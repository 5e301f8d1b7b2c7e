-- ===== src/Frontmatter/Fence.antt =====
-- Where a block ends: a block with no delimiter line of its own is closed by the line behind it.
use coppermind.Base.{
  ℕ, ◌≡◌, refl, ap, ◌∙◌, ◌⊎◌, inl, inr, true, false, some, List, [], ◌∷◌, ◌++◌, length,
  take-append_length, drop-append_length, All, arith,
}
use coppermind.Base.Texts.{Text}
use coppermind.Base.Lines.{splitlines, concat-splitlines, Boundary, splitlines-append}
use coppermind.Frontmatter.{
  delimiter, ok, is_delimiter, find_from, find_closing_delimiter, after_feed, split_rest,
  split_parts, split,
}
use coppermind.Frontmatter.Search.{find_from-append}

-- What may stand behind a closing delimiter that the writers accept: nothing, or a line end.
pub data Ending : Text → Type 0 where
  at_end : Ending []
  feed : (body : Text) → Ending (10 ∷ body)
  crlf : (body : Text) → Ending (13 ∷ 10 ∷ body)

record FirstLine (s : Text) : Type 0 where
  line : Text
  after : List Text
  cut : splitlines s ≡ line ∷ after
  closes : is_delimiter line ≡ true

Ending-FirstLine : (tail : Text) → Ending tail → FirstLine (delimiter ++ tail)
unfolding splitlines is_delimiter
Ending-FirstLine tail at_end = record { line = delimiter; after = []; cut = refl; closes = refl }
Ending-FirstLine tail (feed []) = record {
  line = delimiter ++ 10 ∷ [];
  after = [];
  cut = refl;
  closes = refl;
}
Ending-FirstLine tail (feed (c ∷ s)) = record {
  line = delimiter ++ 10 ∷ [];
  after = splitlines (c ∷ s);
  cut = refl;
  closes = refl;
}
Ending-FirstLine tail (crlf []) = record {
  line = delimiter ++ 13 ∷ 10 ∷ [];
  after = [];
  cut = refl;
  closes = refl;
}
Ending-FirstLine tail (crlf (c ∷ s)) = record {
  line = delimiter ++ 13 ∷ 10 ∷ [];
  after = splitlines (c ∷ s);
  cut = refl;
  closes = refl;
}

splitlines-block :
    (block rest : Text)
    → (block ≡ []) ⊎ Boundary block rest
    → splitlines (block ++ rest) ≡ splitlines block ++ splitlines rest
splitlines-block block rest (inl e) = rw e (unfold splitlines in refl)
splitlines-block block rest (inr b) = splitlines-append block rest b

-- A block without a delimiter line is closed by the line behind it.
pub find_closing-block :
    (block tail : Text)
    → (block ≡ []) ⊎ Boundary block (delimiter ++ tail)
    → All (λ l. is_delimiter l ≡ false) (splitlines block)
    → Ending tail
    → find_closing_delimiter (block ++ (delimiter ++ tail)) ≡ some (length block)
unfolding find_closing_delimiter
find_closing-block block tail ends clean e =
    let f = Ending-FirstLine tail e in
    ap (find_from 0)
      (splitlines-block block (delimiter ++ tail) ends ∙ ap (λ ls. splitlines block ++ ls) f.cut)
    ∙ find_from-append 0 (splitlines block) f.line f.after clean f.closes
    ∙ ap some (omega (arith, ap length (concat-splitlines block)))

pub split_rest-block :
    (block tail : Text) (k : ℕ)
    → (block ≡ []) ⊎ Boundary block (delimiter ++ tail)
    → All (λ l. is_delimiter l ≡ false) (splitlines block)
    → Ending tail
    → split_rest (block ++ (delimiter ++ tail)) k
      ≡ ok (record { block = block; body = after_feed tail; opening_length = some k })
unfolding split_rest
split_rest-block block tail k ends clean e =
    rw (find_closing-block block tail ends clean e, split_rest)
      (λ i. ok (record {
        block = take-append_length block (delimiter ++ tail) i;
        body = after_feed (drop-append_length block (delimiter ++ tail) i);
        opening_length = some k;
      }))

pub split_parts-fenced : (rest : Text) → split_parts (delimiter ++ (10 ∷ rest)) ≡ split_rest rest 4
unfolding split_parts
split_parts-fenced rest = ap (split_rest rest) (omega arith)

pub split-fenced :
    (block tail : Text)
    → (block ≡ []) ⊎ Boundary block (delimiter ++ tail)
    → All (λ l. is_delimiter l ≡ false) (splitlines block)
    → Ending tail
    → split (delimiter ++ (10 ∷ (block ++ (delimiter ++ tail)))) ≡ ok (block, after_feed tail)
unfolding split
split-fenced block tail ends clean e =
    rw (
      split_parts-fenced (block ++ (delimiter ++ tail))
      ∙ split_rest-block block tail 4 ends clean e)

===

What the exercise asks.
Output every line of the listing word for word.

Response below.
repository 5e301f8d1b7b2c7e
-- ===== src/Frontmatter/Fence.antt =====
-- Where a block ends: a block with no delimiter line of its own is closed by the line behind it.
use coppermind.Base.{
  ℕ, ◌≡◌, refl, ap, ◌∙◌, ◌⊎◌, inl, inr, true, false, some, List, [], ◌∷◌, ◌++◌, length,
  take-append_length, drop-append_length, All, arith,
}
use coppermind.Base.Texts.{Text}
use coppermind.Base.Lines.{splitlines, concat-splitlines, Boundary, splitlines-append}
use coppermind.Frontmatter.{
  delimiter, ok, is_delimiter, find_from, find_closing_delimiter, after_feed, split_rest,
  split_parts, split,
}
use coppermind.Frontmatter.Search.{find_from-append}

-- What may stand behind a closing delimiter that the writers accept: nothing, or a line end.
pub data Ending : Text → Type 0 where
  at_end : Ending []
  feed : (body : Text) → Ending (10 ∷ body)
  crlf : (body : Text) → Ending (13 ∷ 10 ∷ body)

record FirstLine (s : Text) : Type 0 where
  line : Text
  after : List Text
  cut : splitlines s ≡ line ∷ after
  closes : is_delimiter line ≡ true

Ending-FirstLine : (tail : Text) → Ending tail → FirstLine (delimiter ++ tail)
unfolding splitlines is_delimiter
Ending-FirstLine tail at_end = record { line = delimiter; after = []; cut = refl; closes = refl }
Ending-FirstLine tail (feed []) = record {
  line = delimiter ++ 10 ∷ [];
  after = [];
  cut = refl;
  closes = refl;
}
Ending-FirstLine tail (feed (c ∷ s)) = record {
  line = delimiter ++ 10 ∷ [];
  after = splitlines (c ∷ s);
  cut = refl;
  closes = refl;
}
Ending-FirstLine tail (crlf []) = record {
  line = delimiter ++ 13 ∷ 10 ∷ [];
  after = [];
  cut = refl;
  closes = refl;
}
Ending-FirstLine tail (crlf (c ∷ s)) = record {
  line = delimiter ++ 13 ∷ 10 ∷ [];
  after = splitlines (c ∷ s);
  cut = refl;
  closes = refl;
}

splitlines-block :
    (block rest : Text)
    → (block ≡ []) ⊎ Boundary block rest
    → splitlines (block ++ rest) ≡ splitlines block ++ splitlines rest
splitlines-block block rest (inl e) = rw e (unfold splitlines in refl)
splitlines-block block rest (inr b) = splitlines-append block rest b

-- A block without a delimiter line is closed by the line behind it.
pub find_closing-block :
    (block tail : Text)
    → (block ≡ []) ⊎ Boundary block (delimiter ++ tail)
    → All (λ l. is_delimiter l ≡ false) (splitlines block)
    → Ending tail
    → find_closing_delimiter (block ++ (delimiter ++ tail)) ≡ some (length block)
unfolding find_closing_delimiter
find_closing-block block tail ends clean e =
    let f = Ending-FirstLine tail e in
    ap (find_from 0)
      (splitlines-block block (delimiter ++ tail) ends ∙ ap (λ ls. splitlines block ++ ls) f.cut)
    ∙ find_from-append 0 (splitlines block) f.line f.after clean f.closes
    ∙ ap some (omega (arith, ap length (concat-splitlines block)))

pub split_rest-block :
    (block tail : Text) (k : ℕ)
    → (block ≡ []) ⊎ Boundary block (delimiter ++ tail)
    → All (λ l. is_delimiter l ≡ false) (splitlines block)
    → Ending tail
    → split_rest (block ++ (delimiter ++ tail)) k
      ≡ ok (record { block = block; body = after_feed tail; opening_length = some k })
unfolding split_rest
split_rest-block block tail k ends clean e =
    rw (find_closing-block block tail ends clean e, split_rest)
      (λ i. ok (record {
        block = take-append_length block (delimiter ++ tail) i;
        body = after_feed (drop-append_length block (delimiter ++ tail) i);
        opening_length = some k;
      }))

pub split_parts-fenced : (rest : Text) → split_parts (delimiter ++ (10 ∷ rest)) ≡ split_rest rest 4
unfolding split_parts
split_parts-fenced rest = ap (split_rest rest) (omega arith)

pub split-fenced :
    (block tail : Text)
    → (block ≡ []) ⊎ Boundary block (delimiter ++ tail)
    → All (λ l. is_delimiter l ≡ false) (splitlines block)
    → Ending tail
    → split (delimiter ++ (10 ∷ (block ++ (delimiter ++ tail)))) ≡ ok (block, after_feed tail)
unfolding split
split-fenced block tail ends clean e =
    rw (
      split_parts-fenced (block ++ (delimiter ++ tail))
      ∙ split_rest-block block tail 4 ends clean e)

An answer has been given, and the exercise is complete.